▸ Exercise aim
Nothing in the listing may be skipped; transcribe all of it as written.

▸ Raw data

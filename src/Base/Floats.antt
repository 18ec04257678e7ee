-- ===== src/Base/Floats.antt =====
-- Python floats, as far as the program computes with them. The type and its operations are a
-- parameter: IEEE arithmetic and `round` are the language's. NaN is left out, since the columns and
-- requests that the values come from hold numbers.
pub mod Fixed
pub mod Signed
use Prim.Native.Nat.{ℕ}
use mathlib.Core.Path.{◌≡◌}
use mathlib.Core.Bool.{Bool, true, false}
use hotel_server_v.Base.Comparison.{IsComparison}

pub record Floats : Type 1 where
  pub F : Type 0
  -- the literal `n / 10 ** k`
  pub decimal : ℕ → ℕ → F
  pub negate : F → F
  pub add : F → F → F
  pub subtract : F → F → F
  pub multiply : F → F → F
  pub divide : F → F → F
  -- `round(x, k)`
  pub rounded : ℕ → F → F
  pub lt : F → F → Bool
  pub equal : F → F → Bool

module _ (f : Floats) where
  open f use {F, decimal, lt}

  abbrev pub whole : ℕ → F
  whole n = decimal n 0

  -- `min(a, b)` and `max(a, b)`: the first of equal arguments
  abbrev pub float_min : F → F → F
  float_min a b = elim (lt b a) [ true ↦ b | false ↦ a ]

  abbrev pub float_max : F → F → F
  float_max a b = elim (lt a b) [ true ↦ b | false ↦ a ]

-- `<` is a strict total order, and `==` is the equality that goes with it.
abbrev pub IsOrdered : Floats → Type 0
IsOrdered f = IsComparison f.equal f.lt

-- Negation reverses the order.
pub record Negates (f : Floats) : Type 0 where
  pub lt_negate : (a b : f.F) → f.lt (f.negate a) (f.negate b) ≡ f.lt b a
  pub equal_negate : (a b : f.F) → f.equal (f.negate a) (f.negate b) ≡ f.equal a b
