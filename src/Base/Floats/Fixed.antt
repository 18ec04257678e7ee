-- ===== src/Base/Floats/Fixed.antt =====
-- Fixed-point numbers with three places, as a concrete instance of the floats for the tests. The
-- number `x / 1000` is `origin + x`; products, quotients and rounding are for numbers from 0 up.
use Prim.Native.Nat.{ℕ, ◌+◌, ◌-◌, ◌*◌, ◌/◌, ◌^◌}
use native.Mathlib.Omega.{arith}
use hotel_server_v.Base.Tests.{ltb, eqb}
use hotel_server_v.Base.Floats.{Floats, IsOrdered}

abbrev origin : ℕ
origin = 1000000

abbrev pub fixed : Floats
fixed = record {
  F = ℕ;
  decimal = λ n k. origin + n * 1000 / 10 ^ k;
  negate = λ a. origin + origin - a;
  add = λ a b. a + b - origin;
  subtract = λ a b. a + origin - b;
  multiply = λ a b. origin + (a - origin) * (b - origin) / 1000;
  divide = λ a b. origin + (a - origin) * 1000 / (b - origin);
  rounded = λ k a. let unit = 10 ^ (3 - k) in origin + (a - origin) / unit * unit;
  lt = ltb;
  equal = eqb;
}

pub fixed-IsOrdered : IsOrdered fixed
fixed-IsOrdered = record {
  symmetric = λ a b. ground arith;
  equal_trans = λ a b c h k. ground (arith, h, k);
  asymmetric = λ a b h. ground (arith, h);
  lt_trans = λ a b c h k. ground (arith, h, k);
  apart = λ a b h k. ground (arith, h, k);
  equal_lt = λ a b c h. ground (arith, h);
  lt_equal = λ a b c h. ground (arith, h);
  irreflexive = λ a b h. ground (arith, h);
}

▸ Exercise answer
filename src/Base/Floats.antt
repository 18ec04257678e7ee
-- ===== src/Base/Floats.antt =====
-- Python floats, as far as the program computes with them. The type and its operations are a
-- parameter: IEEE arithmetic and `round` are the language's. NaN is left out, since the columns and
-- requests that the values come from hold numbers.
pub mod Fixed
pub mod Signed
use Prim.Native.Nat.{ℕ}
use mathlib.Core.Path.{◌≡◌}
use mathlib.Core.Bool.{Bool, true, false}
use hotel_server_v.Base.Comparison.{IsComparison}

pub record Floats : Type 1 where
  pub F : Type 0
  -- the literal `n / 10 ** k`
  pub decimal : ℕ → ℕ → F
  pub negate : F → F
  pub add : F → F → F
  pub subtract : F → F → F
  pub multiply : F → F → F
  pub divide : F → F → F
  -- `round(x, k)`
  pub rounded : ℕ → F → F
  pub lt : F → F → Bool
  pub equal : F → F → Bool

module _ (f : Floats) where
  open f use {F, decimal, lt}

  abbrev pub whole : ℕ → F
  whole n = decimal n 0

  -- `min(a, b)` and `max(a, b)`: the first of equal arguments
  abbrev pub float_min : F → F → F
  float_min a b = elim (lt b a) [ true ↦ b | false ↦ a ]

  abbrev pub float_max : F → F → F
  float_max a b = elim (lt a b) [ true ↦ b | false ↦ a ]

-- `<` is a strict total order, and `==` is the equality that goes with it.
abbrev pub IsOrdered : Floats → Type 0
IsOrdered f = IsComparison f.equal f.lt

-- Negation reverses the order.
pub record Negates (f : Floats) : Type 0 where
  pub lt_negate : (a b : f.F) → f.lt (f.negate a) (f.negate b) ≡ f.lt b a
  pub equal_negate : (a b : f.F) → f.equal (f.negate a) (f.negate b) ≡ f.equal a b
filename src/Base/Floats/Fixed.antt
repository 18ec04257678e7ee
-- ===== src/Base/Floats/Fixed.antt =====
-- Fixed-point numbers with three places, as a concrete instance of the floats for the tests. The
-- number `x / 1000` is `origin + x`; products, quotients and rounding are for numbers from 0 up.
use Prim.Native.Nat.{ℕ, ◌+◌, ◌-◌, ◌*◌, ◌/◌, ◌^◌}
use native.Mathlib.Omega.{arith}
use hotel_server_v.Base.Tests.{ltb, eqb}
use hotel_server_v.Base.Floats.{Floats, IsOrdered}

abbrev origin : ℕ
origin = 1000000

abbrev pub fixed : Floats
fixed = record {
  F = ℕ;
  decimal = λ n k. origin + n * 1000 / 10 ^ k;
  negate = λ a. origin + origin - a;
  add = λ a b. a + b - origin;
  subtract = λ a b. a + origin - b;
  multiply = λ a b. origin + (a - origin) * (b - origin) / 1000;
  divide = λ a b. origin + (a - origin) * 1000 / (b - origin);
  rounded = λ k a. let unit = 10 ^ (3 - k) in origin + (a - origin) / unit * unit;
  lt = ltb;
  equal = eqb;
}

pub fixed-IsOrdered : IsOrdered fixed
fixed-IsOrdered = record {
  symmetric = λ a b. ground arith;
  equal_trans = λ a b c h k. ground (arith, h, k);
  asymmetric = λ a b h. ground (arith, h);
  lt_trans = λ a b c h k. ground (arith, h, k);
  apart = λ a b h k. ground (arith, h, k);
  equal_lt = λ a b c h. ground (arith, h);
  lt_equal = λ a b c h. ground (arith, h);
  irreflexive = λ a b h. ground (arith, h);
}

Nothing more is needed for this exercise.